13 BİN 800 GÖÇMEN ENGELLENDİ
Sınır güvenlik duvarının tamamlanmasının akabinde, yurda her türlü yasa dışı girişin değerli ölçüde engellendiğini kaydeden Vali Varol, şunları söyledi:
“Duvarımızı 2020 Aralık ayı içerisinde tamamladık. O günden bu güne nitekim çok kıymetli katkısı oldu. Bu yıl içerisinde yaklaşık 13 bin 800 göçmen engellemiş olduk. Tekrar ihlali gerçekleştirmiş olan 2 bin 250 göçmen hudutlarımız içerisinde yakalandı. Bu yakalananlardan ve hudutlarımız içerisinde bulunan başka göçmenlerden vilayetimizden toplam 2 bin 69 kişi, milletlerarası hukuka uygun bir biçimde resmi süreçleri gerçekleştirilmiş olup, hudut dışı edildi. Tabi bu işin bir de göçmenlerin ülkeye yasa dışı girişini sağlayan ve bundan yasa dışı yarar sağlayan göçmen kaçakçılarının engellenmesi de var. Bu çalışmalar kapsamında da bu yıl yapılan operasyonlarda 87 kuşkulu gözaltına alındı. 23 kişi tutuklandı. Bilhassa entegre hudut güvenlik sistemimizin tüm üniteleri ile devreye girmesinden sonra hududumuzda elimizin çok kuvvetlendiğini, hudut güvenliği manasında çok yeterli bir noktada olduğumuzu belirtmek istiyorum. Natürel ki huduttaki bu üst seviye güvenlik sistemlerinin yalnızca göç ile çaba de tek değil, terörle çaba, kaçakçılık ve uyuşturucu ile gayret manasında da nitekim çok büyük tesiri var.

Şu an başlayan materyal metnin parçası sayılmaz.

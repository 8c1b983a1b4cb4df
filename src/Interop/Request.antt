-- ===== src/Interop/Request.antt =====
-- The Request of a Client as the Server reads it: hzl_ClientBuildMsgReq against
-- hzl_ServerProcessReceivedRequest.
use hazelnet.Base.{
  ℕ, ◌+◌, ◌≤◌, ◌<◌, ◌≡◌, refl, sym, ap, ◌∙◌, false, arith, List, [], ◌∷◌, length, take, write,
  slice, replicate,
}
use hazelnet.Base.All.{All, All-replicate}
use hazelnet.Base.Fields.{
  concat, write-first, write-next, take-fields, slice-field, slice-written, length-concat,
}
use hazelnet.Endian.{encode_le64, decode_le64}
use hazelnet.Endian.Wide.{encode_le64-decode_le64_of_length}
use hazelnet.Err.{ok, is_ok-ok, is_ok_iff}
use hazelnet.Header.{header_len, header_pack}
use hazelnet.Header.RoundTrip.{length-header_pack}
use hazelnet.Message.{CbsPduMsg, req_hash_init}
use hazelnet.Payload.{req_reqnonce_idx, req_reqnonce_len, req_tag_idx, req_tag_len}
use hazelnet.Platform.{Platform, Io, HashLaws, hash_digest, hash_digest_check}
use hazelnet.Utils.{is_all_zeros, non_zero_trng}
use hazelnet.Utils.Trng.{non_zero_trng_ok, length-non_zero_trng, non_zero_trng-All}
use hazelnet.Client.{ClientConfig, GroupState}
use hazelnet.Client.Build.{req_header, build_msg_req}
use hazelnet.Client.Group.{set_request_tx_time_to_now}

pub length-encode_le64 : (v : ℕ) → length (encode_le64 v) ≡ 8
unfolding encode_le64
length-encode_le64 v = refl

pub small : (type : ℕ) → header_len type ≤ 3
unfolding header_len
small type = ground arith

-- The random bytes of the callback are bytes.
abbrev pub GivesBytes : Platform → Type 0
GivesBytes p = (n amount : ℕ) → All (λ b. b < 256) (p.callbacks.random n amount).1

module _ (p : Platform) (laws : HashLaws p.ascon) (config : ClientConfig) (gid : ℕ) (io : Io) where
  -- The nonce that the Client draws.
  abbrev pub drawn : List ℕ
  drawn = (non_zero_trng p io (replicate 8 0) req_reqnonce_len).1

  abbrev pub nonce : ℕ
  nonce = decode_le64 drawn

  abbrev digest : List ℕ
  digest =
      hash_digest p (req_hash_init p config.ltk (req_header config gid) (encode_le64 nonce))
        req_tag_len

  abbrev hdr_bytes : List ℕ
  hdr_bytes = header_pack config.header_type (req_header config gid)

  -- The header, the nonce and the tag.
  abbrev pub request_wire : List ℕ
  request_wire = concat (hdr_bytes ∷ encode_le64 nonce ∷ digest ∷ [])

  -- The buffer as the code fills it.
  abbrev with_nonce_bytes : List ℕ → List ℕ
  with_nonce_bytes buf =
      write (write buf 0 hdr_bytes) (header_len config.header_type + req_reqnonce_idx)
        (encode_le64 nonce)

  abbrev request_bytes : List ℕ → List ℕ
  request_bytes buf = write (with_nonce_bytes buf) (header_len config.header_type + req_tag_idx) (
      hash_digest p
        (req_hash_init p config.ltk (req_header config gid) (
          slice (header_len config.header_type + req_reqnonce_idx) req_reqnonce_len
            (with_nonce_bytes buf)))
        req_tag_len)

  length-digest_tag : length digest ≡ 16
  unfolding hash_digest
  length-digest_tag = laws.length-digest _ req_tag_len

  module _ (known : config.header_type ≤ 6) where
    hl : header_len config.header_type ≡ length hdr_bytes
    hl = sym (length-header_pack config.header_type (req_header config gid) known)

    pub length-request_wire : length request_wire ≡ header_len config.header_type + 24
    length-request_wire = omega (
      arith,
      hl,
      length-encode_le64 nonce,
      length-digest_tag,
      length-concat (hdr_bytes ∷ encode_le64 nonce ∷ digest ∷ []),
    )

    -- What was written before the tag is read back for the tag.
    nonce-slice :
        (buf : List ℕ)
        → length buf ≡ 64
        → slice
            (header_len config.header_type + req_reqnonce_idx)
            req_reqnonce_len
            (write buf 0 (concat (hdr_bytes ∷ encode_le64 nonce ∷ [])))
          ≡ encode_le64 nonce
    nonce-slice buf full =
        slice-written buf (hdr_bytes ∷ []) (encode_le64 nonce) []
          (header_len config.header_type + req_reqnonce_idx) req_reqnonce_len (omega (arith, hl))
          (omega (arith, length-encode_le64 nonce))
          (omega (arith, hl, length-encode_le64 nonce, small config.header_type))

    with_nonce :
        (buf : List ℕ)
        → length buf ≡ 64
        → with_nonce_bytes buf ≡ write buf 0 (concat (hdr_bytes ∷ encode_le64 nonce ∷ []))
    with_nonce buf full =
        ap
          (λ (b : List ℕ).
            write b (header_len config.header_type + req_reqnonce_idx) (encode_le64 nonce))
          (write-first buf hdr_bytes)
        ∙ write-next buf (hdr_bytes ∷ []) (encode_le64 nonce)
            (header_len config.header_type + req_reqnonce_idx) (omega (arith, hl))

    request_bytes-wire :
        (buf : List ℕ)
        → length buf ≡ 64
        → take (header_len config.header_type + 24) (request_bytes buf) ≡ request_wire
    request_bytes-wire buf full =
        rw
          (
            with_nonce buf full,
            nonce-slice buf full,
            write-next buf (hdr_bytes ∷ encode_le64 nonce ∷ []) digest
                (header_len config.header_type + req_tag_idx)
                (omega (arith, hl, length-encode_le64 nonce)),
          )
          (take-fields buf (hdr_bytes ∷ encode_le64 nonce ∷ digest ∷ [])
            (header_len config.header_type + 24)
            (omega (arith, hl, length-encode_le64 nonce, length-digest_tag))
            (omega (arith, small config.header_type)))

    -- A successful Request: the state remembers the nonce, and the bytes are the message.
    pub build_msg_req-wire :
        (s : GroupState) (pdu : CbsPduMsg)
        → length pdu.bytes ≡ 64
        → (build_msg_req p config gid io s pdu).0 ≡ ok
        → let result = build_msg_req p config gid io s pdu in
          (result.1
            ≡ record (set_request_tx_time_to_now p
                (non_zero_trng p io (replicate 8 0) req_reqnonce_len).2
                s).1 { request_nonce = nonce })
          × (result.3.data_len ≡ header_len config.header_type + 24)
          × (take (header_len config.header_type + 24) result.3.bytes ≡ request_wire)
          × ((non_zero_trng p io (replicate 8 0) req_reqnonce_len).0 ≡ ok)
    unfolding build_msg_req
    build_msg_req-wire s pdu full h = ground (
      arith,
      is_ok-ok,
      request_bytes-wire pdu.bytes full,
      is_ok_iff (non_zero_trng p io (replicate 8 0) req_reqnonce_len).0,
    )

    -- The Server finds in the message the nonce and a tag that fits it.
    pub request_wire-nonce :
        slice (header_len config.header_type + req_reqnonce_idx) req_reqnonce_len request_wire
        ≡ encode_le64 nonce
    request_wire-nonce =
        slice-field (hdr_bytes ∷ []) (encode_le64 nonce) (digest ∷ [])
          (header_len config.header_type + req_reqnonce_idx) req_reqnonce_len (omega (arith, hl))
          (omega (arith, length-encode_le64 nonce))

    request_wire-tag :
        slice (header_len config.header_type + req_tag_idx) req_tag_len request_wire ≡ digest
    request_wire-tag =
        slice-field (hdr_bytes ∷ encode_le64 nonce ∷ []) digest []
          (header_len config.header_type + req_tag_idx) req_tag_len
          (omega (arith, hl, length-encode_le64 nonce)) (omega (arith, length-digest_tag))

    pub request_wire-checked :
        hash_digest_check p
          (req_hash_init p config.ltk (req_header config gid) (encode_le64 nonce))
          (slice (header_len config.header_type + req_tag_idx) req_tag_len request_wire)
        ≡ ok
    unfolding hash_digest_check hash_digest
    request_wire-checked =
        rw
          (
            request_wire-tag,
            (laws.matches_iff _ digest).1 (ap (p.ascon.hash_xof_final _) length-digest_tag),
          )
          refl

  -- The nonce is sent as it was drawn, and is not zero.
  pub nonce-drawn : GivesBytes p → encode_le64 nonce ≡ drawn
  nonce-drawn bytes =
      encode_le64-decode_le64_of_length drawn
        (length-non_zero_trng p io (replicate 8 0) req_reqnonce_len)
        (non_zero_trng-All p bytes io (replicate 8 0) req_reqnonce_len
          (All-replicate (λ b. b < 256) 8 0 (omega arith)))

  pub nonce-not-zero :
      GivesBytes p
      → (non_zero_trng p io (replicate 8 0) req_reqnonce_len).0 ≡ ok
      → is_all_zeros (encode_le64 nonce) ≡ false
  nonce-not-zero bytes h =
      rw (nonce-drawn bytes) (non_zero_trng_ok p io (replicate 8 0) req_reqnonce_len h).0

Bu kadar yüksek güvenlikli bir hudut sınırınız olduğu vakit takdir edersiniz ki terör örgütlerinin de bu hudutlardan içeri girmesi mümkün olmuyor. Esasen vilayetimizde terör olayları da son vakitler da artık yok denecek kadar azaldı. Yeniden hudut güvenlik sistemlerinin bu kadar yüksek olması, narkotik ve uyuşturucu husus kaçakçılığı ile çabada de önemli katkı sağladı. Yeniden en büyük yakalamalar bölgemizde olmakla birlikte devletimizin, kamu ünitelerimizin bu manada elini hayli güçlendirmiş oldu.”